With Fresh Approach to Rigging, ‘New Pioneers’ Hopes to Revolutionize CG TV Animation [Video]
Ex-Pixar and Rhythm & Hues artist Chris Perry from Bit Films has produced a pitch for a new episodic TV series and partnered with animation software production specialists Anzovin Studio on a new rigging system to produce it.
The New Pioneers is a show set on a future Earth where humans live in a massive electric dome protected from a hostile natural world. Watch the pitch below and a behind-the-scenes video on the rigging and animation toolset further down this page.

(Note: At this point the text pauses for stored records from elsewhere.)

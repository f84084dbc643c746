-- ===== src/Sdk/Client/Limits.antt =====
-- The limits of the log that a span submits.
use inferspect.Prelude.{
  ℕ, ◌+◌, ◌≤◌, ◌≡◌, refl, ◌∙◌, ap, String, Bool, true, false, Option, none, some, List, [], ◌∷◌,
  arith, length, str_len, str_take, str_append, str_len-append, str_len-take-le, inl, inr,
  Bool-cases, leb, if◌then◌else◌, str_eq, str_join,
}
use inferspect.Value.{Fields}
use inferspect.Value.Codec.{Codec}
use inferspect.Sdk.Schema.{Status}
use inferspect.Sdk.Client.{truncate, preview_max}
use inferspect.Sdk.Client.Span.{
  Opening, InferenceSpan, Ending, open_span, observe_chunk, set_response, finalize, with_usage,
  with_text, first_of, code_of,
}
use inferspect.Sdk.Client.Chunk.{Usage, chunk_text}
use inferspect.Sdk.Client.Logger.{
  Exit, status_of, error_of, returned, interrupted, cancelled, timed_out, failed, SpanCall, observe,
  respond, output, tokens, cost, finish, meta, call_span, call_all, inference_log,
}

cut_short :
    (n : ℕ) (s : String)
    → str_len (if leb (str_len s) n then s else str_append (str_take n s) "…") ≤ n + 1
cut_short n s = elim (Bool-cases (leb (str_len s) n)) [
  | inl e ↦ rw e (ground arith)
  | inr e ↦ rw e (omega (arith, str_len-append (str_take n s) "…", str_len-take-le n s))
]

-- A truncated text has at most 500 characters and the ellipsis.
truncate_short : (s : String) → str_len (truncate s) ≤ preview_max + 1
unfolding truncate
truncate_short s = elim (Bool-cases (str_eq s "")) [
  | inl e ↦ rw e (omega arith)
  | inr e ↦ rw e (cut_short preview_max s)
]

-- What no method of a span changes.
pub record Keeps (s s' : InferenceSpan) : Type 0 where
  pub opening : s'.opening ≡ s.opening
  started_at : s'.started_at ≡ s.started_at
  input_preview : s'.input_preview ≡ s.input_preview

with_text-Keeps : (t : String) (s : InferenceSpan) → Keeps s (with_text t s)
with_text-Keeps t s = elim (Bool-cases (str_eq t "")) [
  | inl e ↦ record {
    opening = ground arith;
    started_at = ground arith;
    input_preview = ground arith;
  }
  | inr e ↦ record {
    opening = ground arith;
    started_at = ground arith;
    input_preview = ground arith;
  }
]

then_usage : (u : Option Usage) (s s' : InferenceSpan) → Keeps s s' → Keeps s (with_usage u s')
then_usage none s s' k = k
then_usage (some u) s s' k = record {
  opening = k.opening;
  started_at = k.started_at;
  input_preview = k.input_preview;
}

call_span-Keeps : (c : Codec) (call : SpanCall) (s : InferenceSpan) → Keeps s (call_span c call s)
unfolding call_span observe_chunk set_response
call_span-Keeps c (observe elapsed m) s =
    let s1 = record s { ttft_ms = first_of s.ttft_ms elapsed } in
    let text = with_text-Keeps (chunk_text c m.body) s1 in
    let kept : Keeps s (with_text (chunk_text c m.body) s1) = record {
      opening = text.opening;
      started_at = text.started_at;
      input_preview = text.input_preview;
    } in
    let k = then_usage m.usage s (with_text (chunk_text c m.body) s1) kept in
    record { opening = k.opening; started_at = k.started_at; input_preview = k.input_preview }
call_span-Keeps c (respond m) s =
    let k =
      then_usage m.usage s (with_text (chunk_text c m.body) s)
        (with_text-Keeps (chunk_text c m.body) s) in
    record { opening = k.opening; started_at = k.started_at; input_preview = k.input_preview }
call_span-Keeps c (output text) s = record {
  opening = refl;
  started_at = refl;
  input_preview = refl;
}
call_span-Keeps c (tokens p q) s = record {
  opening = refl;
  started_at = refl;
  input_preview = refl;
}
call_span-Keeps c (cost usd) s = record { opening = refl; started_at = refl; input_preview = refl }
call_span-Keeps c (finish reason) s = record {
  opening = refl;
  started_at = refl;
  input_preview = refl;
}
call_span-Keeps c (meta kwargs) s = record {
  opening = refl;
  started_at = refl;
  input_preview = refl;
}

pub call_all-Keeps :
    (c : Codec) (calls : List SpanCall) (s : InferenceSpan) → Keeps s (call_all c calls s)
unfolding call_all
call_all-Keeps c [] s = record { opening = refl; started_at = refl; input_preview = refl }
call_all-Keeps c (call ∷ calls) s =
    let first = call_span-Keeps c call s in
    let later = call_all-Keeps c calls (call_span c call s) in
    record {
      opening = later.opening ∙ first.opening;
      started_at = later.started_at ∙ first.started_at;
      input_preview = later.input_preview ∙ first.input_preview;
    }

abbrev pub is_ok : Status → Bool
is_ok Status.ok = true
is_ok _ = false

abbrev pub is_missing {ℓ} : {A : Type ℓ} → Option A → Bool
is_missing none = true
is_missing (some x) = false

exit_reports : (exit : Exit) → is_ok (status_of exit) ≡ is_missing (code_of (error_of exit))
exit_reports returned = refl
exit_reports interrupted = refl
exit_reports (cancelled e) = refl
exit_reports (timed_out e) = refl
exit_reports (failed e) = refl

-- Whatever methods are called on a span, however its block is left and whatever the redactor is, the log
-- has the request id of the opening, as its input the redactor's answer to the truncated input of the
-- opening and as its output the redactor's answer to a text, both of at most 501 characters before they
-- are redacted, totals that agree with their parts, a finish reason, and an error code exactly if its
-- status is not ok.
pub log_limits :
    (c : Codec) (redact : String → String) (opening : Opening) (started_at : ℕ) (input : String)
    (metadata : Fields) (calls : List SpanCall) (exit : Exit) (e : Ending)
    → let log = inference_log c redact opening started_at input metadata calls exit e in
      (log.request_id ≡ opening.request_id)
      × (log.input_preview ≡ redact (truncate input))
      × (str_len (truncate input) ≤ preview_max + 1)
      × ((shown : String) × (log.output_preview ≡ redact shown) × (str_len shown ≤ preview_max + 1))
      × (log.total_tokens ≡ log.prompt_tokens + log.completion_tokens)
      × (log.tool_calls_count ≡ length log.tool_calls_summary)
      × (is_missing log.finish_reason ≡ false)
      × (is_ok log.status ≡ is_missing log.error_code)
unfolding inference_log finalize open_span
log_limits c redact opening started_at input metadata calls exit e =
    let s = open_span opening started_at input metadata in
    let k = call_all-Keeps c calls s in
    let same : (call_all c calls s).input_preview ≡ truncate input = k.input_preview in
    (
      ap (λ (o : Opening). o.request_id) k.opening,
      ap redact same,
      truncate_short input,
      (
        truncate (str_join (call_all c calls s).output_chunks),
        refl,
        truncate_short (str_join (call_all c calls s).output_chunks),
      ),
      refl,
      refl,
      refl,
      exit_reports exit,
    )
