-- ===== src/Sdk/Client/Responses.antt =====
-- What a stream of chunks and the final response after it leave in a span.
use inferspect.Prelude.{
  ℕ, ◌≡◌, refl, sym, ap, ◌∙◌, String, Option, none, some, List, [], ◌∷◌, ◌++◌, str_append,
  str_append_empty, str_join,
}
use inferspect.Value.Codec.{Codec}
use inferspect.Sdk.Client.Chunk.{Message, chunk_text}
use inferspect.Sdk.Client.Span.{InferenceSpan, observe_chunk, set_response, with_text}
use inferspect.Sdk.Client.Logger.{SpanCall, respond, call_span, call_all}
use inferspect.Sdk.Client.Limits.{call_all-Keeps}
use inferspect.Sdk.Client.Streaming.{
  observed, texts, first_time, known_or, observed-Gathers, with_usage-output, with_usage-ttft,
  with_text-output, with_text-ttft,
}

-- `set_response`, where there is a final response.
abbrev pub final_calls : Option Message → List SpanCall
final_calls none = []
final_calls (some m) = respond m ∷ []

abbrev pub final_text : Codec → Option Message → String
final_text c none = ""
final_text c (some m) = chunk_text c m.body

pub call_all-append :
    (c : Codec) (xs ys : List SpanCall) (s : InferenceSpan)
    → call_all c (xs ++ ys) s ≡ call_all c ys (call_all c xs s)
unfolding call_all
call_all-append c [] ys s = refl
call_all-append c (x ∷ xs) ys s = call_all-append c xs ys (call_span c x s)

pub observed-append :
    (c : Codec) (xs ys : List (ℕ × Message)) (s : InferenceSpan)
    → call_all c (observed (xs ++ ys)) s ≡ call_all c (observed ys) (call_all c (observed xs) s)
unfolding call_all call_span
observed-append c [] ys s = refl
observed-append c ((t, m) ∷ xs) ys s = observed-append c xs ys (observe_chunk c t m s)

-- The text so far, then that of the chunks, then that of the response; the time of the first chunk.
pub record Collects (c : Codec) (chunks : List (ℕ × Message)) (final : Option Message)
    (s s' : InferenceSpan) : Type 0 where
  pub output :
      str_join s'.output_chunks
      ≡ str_append
          (str_append (str_join s.output_chunks) (str_join (texts c chunks)))
          (final_text c final)
  pub ttft : s'.ttft_ms ≡ known_or s.ttft_ms (first_time chunks)
  pub opening : s'.opening ≡ s.opening

final-output :
    (c : Codec) (m : Option Message) (s : InferenceSpan)
    → str_join (call_all c (final_calls m) s).output_chunks
      ≡ str_append (str_join s.output_chunks) (final_text c m)
unfolding set_response call_all call_span
final-output c none s = sym (str_append_empty (str_join s.output_chunks))
final-output c (some m) s =
    let text = chunk_text c m.body in
    ap str_join (with_usage-output m.usage (with_text text s)) ∙ with_text-output text s

final-ttft :
    (c : Codec) (m : Option Message) (s : InferenceSpan)
    → (call_all c (final_calls m) s).ttft_ms ≡ s.ttft_ms
unfolding set_response call_all call_span
final-ttft c none s = refl
final-ttft c (some m) s =
    let text = chunk_text c m.body in
    with_usage-ttft m.usage (with_text text s) ∙ with_text-ttft text s

pub stream-Collects :
    (c : Codec) (chunks : List (ℕ × Message)) (final : Option Message) (s : InferenceSpan)
    → Collects c chunks final s (call_all c (final_calls final) (call_all c (observed chunks) s))
stream-Collects c chunks final s =
    let g = observed-Gathers c chunks s in
    let streamed = call_all c (observed chunks) s in
    record {
      output = final-output c final streamed ∙ ap (λ t. str_append t (final_text c final)) g.output;
      ttft = final-ttft c final streamed ∙ g.ttft;
      opening =
          (call_all-Keeps c (final_calls final) streamed).opening
          ∙ (call_all-Keeps c (observed chunks) s).opening;
    }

Perry, who won an Academy of Motion Picture Arts and Sciences Technical Achievement Award in 2014 for his work on Rhythm & Hues’ Voodoo animation system, told Cartoon Brew at the VIEW Conference in Italy that The New Pioneers was a series he hoped adults would watch together with their children.
“I think there’s a lot of fragmentation in animation,” he said. “There are so many shows that are just kids’ shows. But there’s this class of animation, things like Avatar: The Last Airbender, Over the Garden Wall, and Ghibli films, that I definitely love watching with my kids. So, we were wondering, why isn’t there more of that?”
Perry founded Massachusetts-based independent production studio Bit Films several years ago to develop television and film projects. But as an indie house he realized that to break into episodic work, Bit Films would need to produce something that was visually stunning and unusual—but also affordable.
That’s when he got in touch with Raf Anzovin from Anzovin Studio. “He and I had been wanting to make stylized animation for years,” said Perry. “He’s done a lot of it for commercials, but then we finally realized here was a project that we could use for the test.”
To produce the computer animation, Perry says Anzovin developed a new approach to posing 3D characters that is informed more by drawn animation than by CG, as is usually the case. As a result, the poses are more gestural and do not involve animators having to move a rigid hierarchy of joints and bones.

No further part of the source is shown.